I’m probably wearing rose tinted glasses, but the garage and bedroom-coders of the past, whom developed on completely open systems moved the whole industry forward at a completely different pace than today.
LOL, only if by that weasel-word “marketable” you mean “sold for business use along with a support contract and/or SLA).” Otherwise, proprietary software targeting consumers has just as many disclaimers as Free Software does.
(Also, I’m not even going to bother addressing the silly biased framing attempting to disparage Free Software as not marketable.)

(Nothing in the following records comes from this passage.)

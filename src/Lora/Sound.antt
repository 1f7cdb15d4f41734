-- ===== src/Lora/Sound.antt =====
-- What the MAC commands of src/radio/lorawan.py can do to the MAC, whatever bytes the network sends.
use wqm.Prelude.{
  ℕ, zero, suc, ◌+◌, ◌-◌, ◌*◌, ◌/◌, ◌%◌, ◌≤◌, ◌≡◌, refl, ◌∙◌, Bool, true, false, ◌&&◌, ◌||◌, Option,
  none, some, List, [], ◌∷◌, arith, leb, ◌==◌, if◌then◌else◌, length, length-append, take, inl, inr,
  Bool-cases, Option-cases, get_or,
}
use wqm.Lora.{Bytes, Mac, max_fopts_len, queue_answer}
use wqm.Lora.Masks.{KeepsMask, length-new_mask}
use wqm.Lora.Commands.{
  byte, fetch, any_of, apply_link_adr, handle_link_adr, handle_rx_param, handle_rx_timing,
  handle_mac_command, try_command, commands_from, handle_mac_commands,
}

-- A predicate that every command keeps holds after any bytes.
pub commands_keep :
    (P : Mac → Type 0)
    → ((cid : ℕ) (args : Bytes) (m : Mac) → P m → P (try_command cid args m))
    → (skip : ℕ) (bytes : Bytes) (m : Mac) → P m
    → P (commands_from skip bytes m)
unfolding commands_from
commands_keep P h skip [] m p = p
commands_keep P h (suc skip) (b ∷ bytes) m p = commands_keep P h skip bytes m p
commands_keep P h zero (cid ∷ bytes) m p = elim (Option-cases (fetch cid bytes)) [
  | inl e ↦ rw (commands_from, e) p
  | inr (args, e) ↦
      rw (commands_from, e)
        (commands_keep P h (length args) bytes (try_command cid args m) (h cid args m p))
]

-- The ranges that the source relies on: 72 channels, one of the first 64 enabled, SF7 to SF10, a
-- receive offset up to 3, DR8 to DR13 and a frequency of the band in RX2, a delay of 1 to 15 seconds,
-- and answers that fit in FOpts.
abbrev pub MaskIsSound : List Bool → Type 0
MaskIsSound mask = (length mask ≡ 72) × (any_of (take 64 mask) ≡ true)

-- The offset is up to `top`: the commands leave it at 3 at most.
abbrev pub IsSoundAt : ℕ → Mac → Type 0
IsSoundAt top m =
    MaskIsSound m.channel_mask
    × ((7 ≤ m.sf) × (m.sf ≤ 10))
    × (m.rx1_dr_offset ≤ top)
    × ((8 ≤ m.rx2_dr) × (m.rx2_dr ≤ 13))
    × ((923300000 ≤ m.rx2_frequency) × (m.rx2_frequency ≤ 927500000))
    × ((1 ≤ m.rx1_delay_s) × (m.rx1_delay_s ≤ 15))
    × (length m.pending_fopts ≤ max_fopts_len)

sf_of_dr-bounds :
    (dr sf : ℕ)
    → (dr == 1 || dr == 2 || dr == 3 || dr == 15) ≡ true
    → 7 ≤ sf
    → sf ≤ 10
    → (7 ≤ (if dr == 15 then sf else 10 - dr)) × ((if dr == 15 then sf else 10 - dr) ≤ 10)
sf_of_dr-bounds dr sf h low high = (ground arith, ground arith)

all_three : (a b c : Bool) → (a && b && c) ≡ true → (a ≡ true) × (b ≡ true) × (c ≡ true)
all_three a b c h = ground arith

second : (a b : Bool) → (a && b) ≡ true → b ≡ true
second a b h = ground arith

abbrev adr_ok : ℕ → ℕ → List Bool × Bool → Bool
adr_ok dr power found =
    (found.1 && any_of (take 64 found.0))
    && (dr == 1 || dr == 2 || dr == 3 || dr == 15)
    && (leb power 10 || power == 15)

delay-bounds :
    (d : ℕ) → (1 ≤ (if d % 16 == 0 then 1 else d % 16)) × ((if d % 16 == 0 then 1 else d % 16) ≤ 15)
delay-bounds d = (ground arith, ground arith)

module _ (top : ℕ) (wide : 3 ≤ top) where
  abbrev pub IsSound : Mac → Type 0
  IsSound = IsSoundAt top

  pub queue_answer-IsSound :
      (answer : Bytes) (m : Mac) → IsSound m → IsSound (queue_answer answer m)
  unfolding queue_answer
  queue_answer-IsSound answer m h =
      elim (Bool-cases (leb (length m.pending_fopts + length answer) max_fopts_len)) [
        | inl e ↦
            rw e (
              h.0,
              h.1,
              h.2,
              h.3,
              h.4,
              h.5,
              rw (length-append m.pending_fopts answer) (ground arith),
            )
        | inr e ↦ rw e h
      ]

  pub if-IsSound :
      (b : Bool) (m m' : Mac) → (b ≡ true → IsSound m') → IsSound m → IsSound (if b then m' else m)
  if-IsSound true m m' f h = f refl
  if-IsSound false m m' f h = h

  apply_link_adr-IsSound :
      (dr power : ℕ) (found : List Bool × Bool) (m : Mac)
      → length found.0 ≡ 72
      → IsSound m
      → IsSound (apply_link_adr dr power found m)
  apply_link_adr-IsSound dr power (mask, wanted) m e h = queue_answer-IsSound _ _ (
      if-IsSound (adr_ok dr power (mask, wanted)) m
        (record m { channel_mask = mask; sf = if dr == 15 then m.sf else 10 - dr })
        (λ ok.
          let each =
            all_three (wanted && any_of (take 64 mask)) (dr == 1 || dr == 2 || dr == 3 || dr == 15)
              (leb power 10 || power == 15) ok in
          (
            (e, second wanted (any_of (take 64 mask)) each.0),
            sf_of_dr-bounds dr m.sf each.1 h.1.0 h.1.1,
            h.2,
            h.3,
            h.4,
            h.5,
            h.6,
          ))
        h)

  or_same-IsSound :
      (dr power : ℕ) (r : Option (List Bool × Bool)) (m : Mac)
      → KeepsMask (length m.channel_mask) r
      → IsSound m
      → IsSound
          (get_or (elim r [ none ↦ none | some found ↦ some (apply_link_adr dr power found m) ]) m)
  or_same-IsSound dr power none m k h = h
  or_same-IsSound dr power (some found) m k h =
      apply_link_adr-IsSound dr power found m (k ∙ h.0.0) h

  handle_rx_param-IsSound : (args : Bytes) (m : Mac) → IsSound m → IsSound (handle_rx_param args m)
  unfolding handle_rx_param
  handle_rx_param-IsSound args m h = queue_answer-IsSound _ _ (
      if-IsSound _ m _
        (λ ok. (
          h.0,
          h.1,
          ground arith,
          (ground arith, ground arith),
          (ground arith, ground arith),
          h.5,
          h.6,
        ))
        h)

  handle_rx_timing-IsSound :
      (args : Bytes) (m : Mac) → IsSound m → IsSound (handle_rx_timing args m)
  unfolding handle_rx_timing
  handle_rx_timing-IsSound args m h =
      queue_answer-IsSound _ _ (h.0, h.1, h.2, h.3, h.4, delay-bounds (byte args 0), h.6)

  -- What a command does, from the answer to "is it this one".
  if_some-IsSound :
      (b : Bool) (x y : Option Mac) (m : Mac)
      → IsSound (get_or x m)
      → IsSound (get_or y m)
      → IsSound (get_or (if b then x else y) m)
  if_some-IsSound true x y m h k = h
  if_some-IsSound false x y m h k = k

  try_command-IsSound :
      (cid : ℕ) (args : Bytes) (m : Mac) → IsSound m → IsSound (try_command cid args m)
  unfolding try_command handle_mac_command handle_link_adr
  try_command-IsSound cid args m h = if_some-IsSound (cid == 2) _ _ m h (
      if_some-IsSound (cid == 3) _ _ m
        (or_same-IsSound (byte args 0 / 16) (byte args 0 % 16) _ m
          (length-new_mask (byte args 3 / 16 % 8) (byte args 1 + byte args 2 * 256) m.channel_mask)
          h)
        (if_some-IsSound (cid == 4) _ _ m (queue_answer-IsSound _ m h) (
          if_some-IsSound (cid == 5) _ _ m (handle_rx_param-IsSound args m h) (
            if_some-IsSound (cid == 6) _ _ m (queue_answer-IsSound _ m h)
              (if_some-IsSound (cid == 8) _ _ m (handle_rx_timing-IsSound args m h) h)))))

-- Whatever bytes a downlink carries as MAC commands, the parameters stay in their ranges: the mask
-- has 72 channels with one of the first 64 enabled, the spreading factor is one of SF7 to SF10, the
-- receive offset is at most `top`, for any `top` of 3 or more, the RX2 data rate and frequency and the
-- delay are those of the band, and the answers fit in FOpts.
pub commands-IsSoundAt :
    (top : ℕ)
    → 3 ≤ top
    → (bytes : Bytes) (m : Mac) → IsSoundAt top m
    → IsSoundAt top (handle_mac_commands bytes m)
unfolding handle_mac_commands
commands-IsSoundAt top wide bytes m h =
    commands_keep (IsSoundAt top) (try_command-IsSound top wide) 0 bytes m h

Did you fabricate that CPU? Did you write that compiler? You gotta trust someone at some point. You can either trust someone because you give them money and it’s theoretically not in their interest to screw you (lol) or because they make an effort to be transparent and others (maybe you, maybe not) can verify their claims about what the software is.
It usually boils down to this, something can be strictly better but not perfect.
The ability to audit the code is usually strictly better than closed source. Though I’m sure an argument could be made about exposing the code base to bad actors I generally think it’s a worthy trade off.
This all or nothing attitude is boring.
No they don’t fabricate the CPU doesn’t mean thry should hand out their data to some corporation …
Trust has no place in computing.
“Trust has no place in computing” is a concept that we are still quite distant from, in practical terms.
But yeah, definitely don’t hand your personal information over to a corporation, even if they’re offering to take a lot of your money, too!